• _Exercise description_: Of the entries below, copy only those lines that contain the word "bound".

• _Source information_:
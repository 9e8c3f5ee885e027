-- ===== src/TimerWheel/Count.antt =====
-- TimerWheel: what the pointers in the buckets say of one node.
use network_ydxlib.Base.{
  ℕ, suc, ◌+◌, ◌<◌, ◌≡◌, refl, ap, ap₂, ==_iff, ◌∙◌, Bool, true, false, ◌||◌, Option, none, some,
  List, [], ◌∷◌, ◌++◌, ◌==◌, if◌then◌else◌, arith, length, length-append, inl, inr, ◌⊎◌, some-inj,
  Bool-cases,
}
use network_ydxlib.TimerWheel.{holds, is_held, release, on_last}

abbrev pub count : ℕ → List ℕ → ℕ
count n [] = 0
count n (x ∷ xs) = (if n == x then 1 else 0) + count n xs

pub count-append : (n : ℕ) (xs ys : List ℕ) → count n (xs ++ ys) ≡ count n xs + count n ys
count-append n [] ys = omega arith
count-append n (x ∷ xs) ys = omega (arith, count-append n xs ys)

pub holds-append : (n : ℕ) (xs ys : List ℕ) → holds n (xs ++ ys) ≡ (holds n xs || holds n ys)
holds-append n [] ys = refl
holds-append n (x ∷ xs) ys = ground (arith, holds-append n xs ys)

-- The pointers of a bucket that goes destroy a node just once, and only where no other holds it.
pub count-release :
    (n : ℕ) (xs : List ℕ) (others : List (List ℕ))
    → count n (release xs others) ≡ (if is_held n others then 0 else if holds n xs then 1 else 0)
count-release n [] others = ground arith
count-release n (x ∷ xs) others = elim (Bool-cases (n == x)) [
  | inl e ↦
      let same : n ≡ x = (==_iff n x).0 e in
      ground (
        arith,
        count-release n xs others,
        ap (λ k. holds k xs) same,
        ap (λ k. is_held k others) same,
      )
  | inr d ↦ ground (arith, count-release n xs others, d)
]

-- How many buckets came after the newest one that holds the node.
abbrev pub newer : Bool → ℕ → Option ℕ → Option ℕ
newer here k (some a) = some a
newer true k none = some k
newer false k none = none

abbrev pub age : ℕ → List (List ℕ) → Option ℕ
age n [] = none
age n (x ∷ xs) = newer (holds n x) (length xs) (age n xs)

abbrev pub is_some : Option ℕ → Bool
is_some none = false
is_some (some a) = true

abbrev pub older : Option ℕ → Option ℕ
older none = none
older (some a) = some (suc a)

newer-is_some : (b : Bool) (k : ℕ) (o : Option ℕ) → (b || is_some o) ≡ is_some (newer b k o)
newer-is_some true k none = refl
newer-is_some false k none = refl
newer-is_some true k (some a) = refl
newer-is_some false k (some a) = refl

newer-older : (b : Bool) (k : ℕ) (o : Option ℕ) → newer b (suc k) (older o) ≡ older (newer b k o)
newer-older true k none = refl
newer-older false k none = refl
newer-older true k (some a) = refl
newer-older false k (some a) = refl

newer-some : (b : Bool) (k a : ℕ) → newer b k (some a) ≡ some a
newer-some true k a = refl
newer-some false k a = refl

pub is_held-age : (n : ℕ) (xs : List (List ℕ)) → is_held n xs ≡ is_some (age n xs)
is_held-age n [] = refl
is_held-age n (x ∷ xs) =
    ap (λ b. holds n x || b) (is_held-age n xs) ∙ newer-is_some (holds n x) (length xs) (age n xs)

pub age-push : (n : ℕ) (xs : List (List ℕ)) → age n (xs ++ ([] ∷ [])) ≡ older (age n xs)
age-push n [] = refl
age-push n (x ∷ xs) =
    ap₂ (λ k o. newer (holds n x) k o) size (age-push n xs)
    ∙ newer-older (holds n x) (length xs) (age n xs)
  where
    size : length (xs ++ ([] ∷ [])) ≡ suc (length xs)
    size = omega (arith, length-append xs ([] ∷ []))

pub length-on_last : (k : ℕ) (xs : List (List ℕ)) → length (on_last k xs) ≡ length xs
length-on_last k [] = refl
length-on_last k (x ∷ []) = refl
length-on_last k (x ∷ y ∷ xs) = ap suc (length-on_last k (y ∷ xs))

pub age-on_last-other :
    (n k : ℕ) (xs : List (List ℕ)) → (n == k) ≡ false → age n (on_last k xs) ≡ age n xs
age-on_last-other n k [] d = refl
age-on_last-other n k (x ∷ []) d = ap (λ b. newer b 0 none) (holds-append n x (k ∷ []) ∙ same)
  where
    same : (holds n x || holds n (k ∷ [])) ≡ holds n x
    same = ground (arith, d)
age-on_last-other n k (x ∷ y ∷ xs) d =
    ap₂ (λ j o. newer (holds n x) j o) (length-on_last k (y ∷ xs))
      (age-on_last-other n k (y ∷ xs) d)

pub age-on_last : (n : ℕ) (xs : List (List ℕ)) → 0 < length xs → age n (on_last n xs) ≡ some 0
age-on_last n [] h = absurd (omega arith)
age-on_last n (x ∷ []) h = ap (λ b. newer b 0 none) (holds-append n x (n ∷ []) ∙ here)
  where
    here : (holds n x || holds n (n ∷ [])) ≡ true
    here = ground arith
age-on_last n (x ∷ y ∷ xs) h =
    ap (λ o. newer (holds n x) (length (on_last n (y ∷ xs))) o)
      (age-on_last n (y ∷ xs) (omega arith))
    ∙ newer-some (holds n x) (length (on_last n (y ∷ xs))) 0

-- A node that the last bucket of a ring holds, or not, with the rest told.
pub newer-some_inv :
    (b : Bool) (k : ℕ) (o : Option ℕ) (a : ℕ)
    → newer b k o ≡ some a
    → (o ≡ some a) ⊎ ((o ≡ none) × (b ≡ true) × (k ≡ a))
newer-some_inv true k none a e = inr (refl, refl, some-inj e)
newer-some_inv false k none a e = absurd (cc e)
newer-some_inv true k (some c) a e = inl e
newer-some_inv false k (some c) a e = inl e

pub newer-none_inv :
    (b : Bool) (k : ℕ) (o : Option ℕ) → newer b k o ≡ none → (o ≡ none) × (b ≡ false)
newer-none_inv true k none e = absurd (cc e)
newer-none_inv false k none e = (refl, refl)
newer-none_inv true k (some c) e = absurd (cc e)
newer-none_inv false k (some c) e = absurd (cc e)

pub age-bound : (n : ℕ) (xs : List (List ℕ)) (a : ℕ) → age n xs ≡ some a → a < length xs
age-bound n [] a e = absurd (cc e)
age-bound n (x ∷ xs) a e = elim (newer-some_inv (holds n x) (length xs) (age n xs) a e) [
  | inl f ↦ omega (arith, age-bound n xs a f)
  | inr (f, h, k) ↦ omega arith
]
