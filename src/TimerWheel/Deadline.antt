-- ===== src/TimerWheel/Deadline.antt =====
-- TimerWheel: each node by itself, as a countdown that knows nothing of buckets.
use network_ydxlib.Base.{
  ℕ, zero, suc, ◌+◌, ◌<◌, ◌≡◌, refl, ap, ◌∙◌, Bool, true, false, Option, none, some, List, [], ◌∷◌,
  ◌++◌, ◌==◌, ltb, if◌then◌else◌, arith, drop, length,
}
use network_ydxlib.Base.Int.{ℤ, pos, negsuc}
use network_ydxlib.Timestamp.{Timestamp, time_difference_micro}
use network_ydxlib.TimerWheel.{holds, release, oldest}
use network_ydxlib.TimerWheel.Count.{
  newer, count, count-release, age, is_some, older, is_held-age, age-push, age-bound,
}

-- How long ago a node was last put on the wheel, unless it is gone, and how often it has fired.
pub record Countdown : Type 0 where
  pub time : Timestamp
  pub age : Option ℕ
  pub fired : ℕ

abbrev pub passes : ℕ → Option ℕ → Option ℕ × ℕ
passes len none = (none, 0)
passes len (some a) = if ltb (suc a) len then (some (suc a), 0) else (none, 1)

-- A bucket's time passes, on a wheel of `len` buckets.
abbrev pub tick : ℕ → Countdown → Countdown
tick len s = let (o, f) = passes len s.age in record s { age = o; fired = s.fired + f }

abbrev pub ticks : ℕ → ℕ → Countdown → Countdown
ticks len zero s = s
ticks len (suc k) s = ticks len k (tick len s)

passes-newer :
    (b : Bool) (k : ℕ) (o : Option ℕ)
    → ((a : ℕ) → o ≡ some a → a < k)
    → (older o ≡ (passes (suc k) (newer b k o)).0)
      × ((if is_some o then 0 else if b then 1 else 0) ≡ (passes (suc k) (newer b k o)).1)
passes-newer true k none h = ground arith
passes-newer false k none h = (refl, refl)
passes-newer true k (some a) h = let less = h a refl in ground (arith, less)
passes-newer false k (some a) h = let less = h a refl in ground (arith, less)

-- One bucket of a list goes, and an empty one comes.
pub age-passes :
    (n : ℕ) (xs : List (List ℕ))
    → (age n (drop 1 xs ++ ([] ∷ [])) ≡ (passes (length xs) (age n xs)).0)
      × (count n (release (oldest xs) (drop 1 xs)) ≡ (passes (length xs) (age n xs)).1)
age-passes n [] = (refl, refl)
age-passes n (x ∷ xs) =
    let (aged, went) = passes-newer (holds n x) (length xs) (age n xs) (age-bound n xs) in
    (
      age-push n xs ∙ aged,
      count-release n x xs
          ∙ ap (λ (b : Bool). if b then 0 else if holds n x then 1 else 0) (is_held-age n xs)
          ∙ went,
    )

-- What the other nodes' calls and this node's make of its countdown.
abbrev pub put : (same : Bool) → Countdown → Countdown
put true s = record s { age = some 0 }
put false s = s

abbrev pub dropped : (same : Bool) → Countdown → Countdown
dropped true s = record s { fired = s.fired + 1 }
dropped false s = s

abbrev pub add_diff : ℕ → (same : Bool) → ℤ → Timestamp → Countdown → Countdown
add_diff len same (negsuc k) time s = dropped same s
add_diff len same (pos zero) time s = put same s
add_diff len same (pos (suc k)) time s = put same (ticks len (suc k) (record s { time = time }))

abbrev pub add : ℕ → (same : Bool) → Timestamp → Countdown → Countdown
add len same time s = add_diff len same (time_difference_micro time s.time) time s

abbrev pub refresh : (same : Bool) → Countdown → Countdown
refresh same s = if is_some s.age then put same s else s

-- A call: with the time, and the node's number.
pub data Call : Type 0 where
  adds : Timestamp → ℕ → Call
  refreshes : ℕ → Call

abbrev pub after_call : ℕ → (n : ℕ) → Call → Countdown → Countdown
after_call len n (adds time k) s = add len (n == k) time s
after_call len n (refreshes k) s = refresh (n == k) s

abbrev pub after_calls : ℕ → (n : ℕ) → List Call → Countdown → Countdown
after_calls len n [] s = s
after_calls len n (c ∷ cs) s = after_calls len n cs (after_call len n c s)
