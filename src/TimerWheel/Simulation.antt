-- ===== src/TimerWheel/Simulation.antt =====
-- TimerWheel: the wheel does with each node what the node's countdown says.
use network_ydxlib.Base.{
  ℕ, zero, suc, ◌+◌, ◌<◌, ◌≡◌, refl, sym, ap, ap₂, ◌∙◌, Bool, true, false, List, [], ◌∷◌, ◌++◌,
  ◌==◌, if◌then◌else◌, arith, drop, length, length-append, length-drop, ==_iff, subst,
}
use network_ydxlib.Base.Int.{ℤ, pos, negsuc}
use network_ydxlib.Timestamp.{Timestamp, time_difference_micro}
use network_ydxlib.TimerWheel.{
  Circular, IsCircular, TimerWheel, is_held, release, on_last, oldest, push_empty, push_empties,
  put_back, add_after, add_node, refresh_node,
}
use network_ydxlib.TimerWheel.Count.{
  count, count-append, age, is_some, is_held-age, length-on_last, age-on_last-other, age-on_last,
}
use network_ydxlib.TimerWheel.Deadline.{
  Countdown, passes, tick, ticks, age-passes, put, dropped, add_diff, add, refresh, Call, adds,
  refreshes, after_call, after_calls,
}

module _ {C : Circular} where
  abbrev pub buckets : TimerWheel C → List (List ℕ)
  buckets w = C.elements w.node_circle_buf

  abbrev pub view : ℕ → TimerWheel C → Countdown
  view n w = record { time = w.time; age = age n (buckets w); fired = count n w.fired }

  abbrev pub call : Call → TimerWheel C → TimerWheel C
  call (adds time k) w = (add_node time k w).1
  call (refreshes k) w = refresh_node k w

  abbrev pub calls : List Call → TimerWheel C → TimerWheel C
  calls [] w = w
  calls (c ∷ cs) w = calls cs (call c w)

  -- A wheel of `len` buckets holds and has fired the node as the countdown says.
  pub record Shows (len n : ℕ) (w : TimerWheel C) (s : Countdown) : Type 0 where
    pub size : length (buckets w) ≡ len
    pub times : w.time ≡ s.time
    pub aged : age n (buckets w) ≡ s.age
    pub count_fired : count n w.fired ≡ s.fired

  module _ (law : IsCircular C) (len n : ℕ) (some_len : 0 < len) where
    Shows-push_empty :
        (w : TimerWheel C) (s : Countdown)
        → Shows len n w s
        → Shows len n (push_empty w) (tick len s)
    unfolding push_empty
    Shows-push_empty w s h =
        let xs : List (List ℕ) = buckets w in
        let pushed = law.elements-push_empty w.node_circle_buf in
        let (aged, went) = age-passes n xs in
        record {
          size =
              ap length pushed
              ∙ omega (arith, h.size, length-append (drop 1 xs) ([] ∷ []), length-drop 1 xs);
          times = h.times;
          aged = ap (age n) pushed ∙ aged ∙ ap₂ (λ l o. (passes l o).0) h.size h.aged;
          count_fired =
              count-append n w.fired (release (oldest xs) (drop 1 xs))
              ∙ ap₂ (λ a b. a + b) h.count_fired (went ∙ ap₂ (λ l o. (passes l o).1) h.size h.aged);
        }

    Shows-push_empties :
        (k : ℕ) (w : TimerWheel C) (s : Countdown)
        → Shows len n w s
        → Shows len n (push_empties k w) (ticks len k s)
    unfolding push_empties
    Shows-push_empties zero w s h = h
    Shows-push_empties (suc k) w s h =
        Shows-push_empties k (push_empty w) (tick len s) (Shows-push_empty w s h)

    put_by :
        (k : ℕ) (w : TimerWheel C) (s : Countdown) (same : Bool)
        → (n == k) ≡ same
        → Shows len n w s
        → Shows len n (put_back k w) (put same s)
    unfolding put_back
    put_by k w s true e h =
        let all = law.elements-put_back k w.node_circle_buf in
        let here : n ≡ k = (==_iff n k).0 e in
        record {
          size = ap length all ∙ length-on_last k (buckets w) ∙ h.size;
          times = h.times;
          aged =
              ap (age n) all
              ∙ ap (λ j. age n (on_last j (buckets w))) (sym here)
              ∙ age-on_last n (buckets w) (omega (arith, h.size));
          count_fired = h.count_fired;
        }
    put_by k w s false e h =
        let all = law.elements-put_back k w.node_circle_buf in
        record {
          size = ap length all ∙ length-on_last k (buckets w) ∙ h.size;
          times = h.times;
          aged = ap (age n) all ∙ age-on_last-other n k (buckets w) e ∙ h.aged;
          count_fired = h.count_fired;
        }

    Shows-put_back :
        (k : ℕ) (w : TimerWheel C) (s : Countdown)
        → Shows len n w s
        → Shows len n (put_back k w) (put (n == k) s)
    Shows-put_back k w s h = put_by k w s (n == k) refl h

    drop_by :
        (k : ℕ) (w : TimerWheel C) (s : Countdown) (same : Bool)
        → (n == k) ≡ same
        → Shows len n w s
        → Shows len n (record w { fired = w.fired ++ (k ∷ []) }) (dropped same s)
    drop_by k w s true e h = record {
      size = h.size;
      times = h.times;
      aged = h.aged;
      count_fired =
          count-append n w.fired (k ∷ [])
          ∙ ap₂ (λ a (b : Bool). a + ((if b then 1 else 0) + 0)) h.count_fired e
          ∙ omega arith;
    }
    drop_by k w s false e h = record {
      size = h.size;
      times = h.times;
      aged = h.aged;
      count_fired =
          count-append n w.fired (k ∷ [])
          ∙ ap₂ (λ a (b : Bool). a + ((if b then 1 else 0) + 0)) h.count_fired e
          ∙ omega arith;
    }

    Shows-add_after :
        (d : ℤ) (time : Timestamp) (k : ℕ) (w : TimerWheel C) (s : Countdown)
        → Shows len n w s
        → Shows len n (add_after d time k w).1 (add_diff len (n == k) d time s)
    unfolding add_after
    Shows-add_after (negsuc d) time k w s h = drop_by k w s (n == k) refl h
    Shows-add_after (pos zero) time k w s h = Shows-put_back k w s h
    Shows-add_after (pos (suc d)) time k w s h =
        let h' : Shows len n (record w { time = time }) (record s { time = time }) = record {
          size = h.size;
          times = refl;
          aged = h.aged;
          count_fired = h.count_fired;
        } in
        Shows-put_back k (push_empties (suc d) (record w { time = time }))
          (ticks len (suc d) (record s { time = time }))
          (Shows-push_empties (suc d) (record w { time = time }) (record s { time = time }) h')

    Shows-add_node :
        (time : Timestamp) (k : ℕ) (w : TimerWheel C) (s : Countdown)
        → Shows len n w s
        → Shows len n (add_node time k w).1 (add len (n == k) time s)
    unfolding add_node
    Shows-add_node time k w s h =
        subst
          (λ t.
            Shows len n (add_node time k w).1
              (add_diff len (n == k) (time_difference_micro time t) time s))
          h.times (Shows-add_after (time_difference_micro time w.time) time k w s h)

    refresh_by :
        (k : ℕ) (w : TimerWheel C) (s : Countdown) (same : Bool)
        → (n == k) ≡ same
        → Shows len n w s
        → Shows len n (refresh_node k w) (refresh same s)
    unfolding refresh_node
    refresh_by k w s true e h = picks (is_held k (buckets w)) (is_some s.age) (
        ap (λ j. is_held j (buckets w)) (sym ((==_iff n k).0 e))
        ∙ is_held-age n (buckets w)
        ∙ ap is_some h.aged)
      where
        picks :
            (b c : Bool)
            → b ≡ c
            → Shows len n (if b then put_back k w else w) (if c then put true s else s)
        picks true true same = put_by k w s true e h
        picks false false same = h
        picks true false same = absurd (cc same)
        picks false true same = absurd (cc same)
    refresh_by k w s false e h = stays (is_held k (buckets w)) (is_some s.age)
      where
        stays : (b c : Bool) → Shows len n (if b then put_back k w else w) (if c then s else s)
        stays true true = put_by k w s false e h
        stays true false = put_by k w s false e h
        stays false true = h
        stays false false = h

    Shows-call :
        (c : Call) (w : TimerWheel C) (s : Countdown)
        → Shows len n w s
        → Shows len n (call c w) (after_call len n c s)
    Shows-call (adds time k) w s h = Shows-add_node time k w s h
    Shows-call (refreshes k) w s h = refresh_by k w s (n == k) refl h

    -- On a ring of at least one bucket that keeps boost's laws, calls of `addNode` and
    -- `refreshNode` do to each node what they do to its countdown, which counts for the node alone
    -- how many buckets ago it was last put on the wheel: it fires, and is gone, when that is the
    -- number of buckets, a call that puts it on starts again from 0, and a refused node fires at once.
    pub Shows-calls :
        (cs : List Call) (w : TimerWheel C) (s : Countdown)
        → Shows len n w s
        → Shows len n (calls cs w) (after_calls len n cs s)
    Shows-calls [] w s h = h
    Shows-calls (c ∷ cs) w s h =
        Shows-calls cs (call c w) (after_call len n c s) (Shows-call c w s h)
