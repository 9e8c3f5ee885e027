-- ===== src/TimerWheel/Expiry.antt =====
-- TimerWheel: when a node that nobody refreshes fires.
use network_ydxlib.Base.{
  ℕ, zero, suc, ◌+◌, ◌<◌, ◌≡◌, refl, sym, ap, ap₂, ◌∙◌, Bool, true, false, Option, none, some, List,
  [], ◌∷◌, ◌==◌, ltb, if◌then◌else◌, arith, length, subst,
}
use network_ydxlib.Base.Int.{ℤ, pos, negsuc}
use network_ydxlib.Timestamp.{Timestamp, time_difference_micro}
use network_ydxlib.TimerWheel.{Circular, IsCircular, TimerWheel}
use network_ydxlib.TimerWheel.Count.{count, age, is_some, age-bound}
use network_ydxlib.TimerWheel.Deadline.{
  put, Countdown, passes, tick, ticks, add_diff, Call, adds, refreshes, after_call, after_calls,
}
use network_ydxlib.TimerWheel.Simulation.{buckets, calls, Shows, Shows-calls}

-- The buckets that calls which start at `now` bring, and no call of theirs is about node `n`.
abbrev pub steps : ℤ → ℕ
steps (pos k) = k
steps (negsuc k) = 0

abbrev pub next_time : ℤ → (time now : Timestamp) → Timestamp
next_time (pos zero) time now = now
next_time (pos (suc k)) time now = time
next_time (negsuc k) time now = now

abbrev pub elapsed : Timestamp → List Call → ℕ
elapsed now [] = 0
elapsed now (refreshes k ∷ cs) = elapsed now cs
elapsed now (adds time k ∷ cs) =
    let d = time_difference_micro time now in steps d + elapsed (next_time d time now) cs

abbrev pub Spares : ℕ → List Call → Type 0
Spares n [] = Unit {0}
Spares n (adds time k ∷ cs) = ((n == k) ≡ false) × Spares n cs
Spares n (refreshes k ∷ cs) = ((n == k) ≡ false) × Spares n cs

-- What `k` buckets do to a node that was last put on `a` buckets ago.
abbrev pub aged : ℕ → ℕ → Option ℕ
aged len m = if ltb m len then some m else none

abbrev pub due : ℕ → ℕ → ℕ
due len m = if ltb m len then 0 else 1

aged-less : (len m : ℕ) → m < len → aged len m ≡ some m
aged-less len m h = ground arith

due-less : (len m : ℕ) → m < len → due len m ≡ 0
due-less len m h = ground arith

abbrev at_age : ℕ → (fired age : ℕ) → Timestamp → Countdown
at_age len f m t = record { time = t; age = aged len m; fired = f + due len m }

tick-at_age : (len f m : ℕ) (t : Timestamp) → tick len (at_age len f m t) ≡ at_age len f (suc m) t
tick-at_age len f m t =
    ap₂ (λ (o : Option ℕ) (k : ℕ). record { time = t; age = o; fired = k }) went.0 went.1
  where
    went :
        ((passes len (aged len m)).0 ≡ aged len (suc m))
        × (f + due len m + (passes len (aged len m)).1 ≡ f + due len (suc m))
    went = ground arith

ticks-at_age :
    (len k f m : ℕ) (t : Timestamp) → ticks len k (at_age len f m t) ≡ at_age len f (m + k) t
ticks-at_age len zero f m t = ap (λ j. at_age len f j t) (omega arith)
ticks-at_age len (suc k) f m t =
    ap (ticks len k) (tick-at_age len f m t)
    ∙ ticks-at_age len k f (suc m) t
    ∙ ap (λ j. at_age len f j t) (omega arith)

add_diff-at_age :
    (len : ℕ) (d : ℤ) (time t : Timestamp) (f m : ℕ)
    → add_diff len false d time (at_age len f m t) ≡ at_age len f (m + steps d) (next_time d time t)
add_diff-at_age len (pos zero) time t f m = ap (λ j. at_age len f j t) (omega arith)
add_diff-at_age len (pos (suc k)) time t f m = ticks-at_age len (suc k) f m time
add_diff-at_age len (negsuc k) time t f m = ap (λ j. at_age len f j t) (omega arith)

after_call-spared :
    (len n k : ℕ) (time t : Timestamp) (f m : ℕ)
    → (n == k) ≡ false
    → after_call len n (adds time k) (at_age len f m t)
      ≡ add_diff len false (time_difference_micro time t) time (at_age len f m t)
after_call-spared len n k time t f m e =
    ap (λ b. add_diff len b (time_difference_micro time t) time (at_age len f m t)) e

refresh-spared : (b c : Bool) (s : Countdown) → b ≡ false → (if c then put b s else s) ≡ s
refresh-spared true c s e = absurd (cc e)
refresh-spared false true s e = refl
refresh-spared false false s e = refl

after_calls-at_age :
    (len n : ℕ) (cs : List Call) (f m : ℕ) (t : Timestamp)
    → Spares n cs
    → (t' : Timestamp) × (after_calls len n cs (at_age len f m t)
        ≡ at_age len f (m + elapsed t cs) t')
after_calls-at_age len n [] f m t sp = (t, ap (λ j. at_age len f j t) (omega arith))
after_calls-at_age len n (refreshes k ∷ cs) f m t (other, sp) =
    let (t', e) = after_calls-at_age len n cs f m t sp in
    (
      t',
      ap (after_calls len n cs)
            (refresh-spared (n == k) (is_some (aged len m)) (at_age len f m t) other)
          ∙ e,
    )
after_calls-at_age len n (adds time k ∷ cs) f m t (other, sp) =
    let d : ℤ = time_difference_micro time t in
    let (t', e) = after_calls-at_age len n cs f (m + steps d) (next_time d time t) sp in
    (
      t',
      ap (after_calls len n cs)
            (after_call-spared len n k time t f m other ∙ add_diff-at_age len d time t f m)
          ∙ e
          ∙ ap (λ j. at_age len f j t') (omega arith),
    )

module _ {C : Circular} where
  -- On a ring of at least one bucket that keeps boost's laws, a node that was last put on the wheel
  -- `a` buckets ago, and about which no call is, is gone after calls of `addNode` and `refreshNode`
  -- just if the buckets that they brought, with `a`, are as many as the ring has. Its callback has
  -- then been called once more than before, and not at all while it is still there.
  pub calls-due :
      (law : IsCircular C) (n a : ℕ) (cs : List Call) (w : TimerWheel C)
      → age n (buckets w) ≡ some a
      → Spares n cs
      → let len = length (buckets w) in
        (age n (buckets (calls cs w)) ≡ aged len (a + elapsed w.time cs))
        × (count n (calls cs w).fired ≡ count n w.fired + due len (a + elapsed w.time cs))
  calls-due law n a cs w here sp =
      let len = length (buckets w) in
      let less = age-bound n (buckets w) a here in
      let (t', e) = after_calls-at_age len n cs (count n w.fired) a w.time sp in
      let h : Shows len n w (at_age len (count n w.fired) a w.time) = record {
        size = refl;
        times = refl;
        aged = here ∙ sym (aged-less len a less);
        count_fired = omega (arith, due-less len a less);
      } in
      let got =
        subst (Shows len n (calls cs w)) e (Shows-calls law len n (omega (arith, less)) cs w _ h) in
      (got.aged, got.count_fired)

• _Solution_:
pub age-bound : (n : ℕ) (xs : List (List ℕ)) (a : ℕ) → age n xs ≡ some a → a < length xs
age-bound n [] a e = absurd (cc e)
age-bound n (x ∷ xs) a e = elim (newer-some_inv (holds n x) (length xs) (age n xs) a e) [
  | inl f ↦ omega (arith, age-bound n xs a f)
  newer, count, count-release, age, is_some, older, is_held-age, age-push, age-bound,
    let (aged, went) = passes-newer (holds n x) (length xs) (age n xs) (age-bound n xs) in
use network_ydxlib.TimerWheel.Count.{count, age, is_some, age-bound}
      let less = age-bound n (buckets w) a here in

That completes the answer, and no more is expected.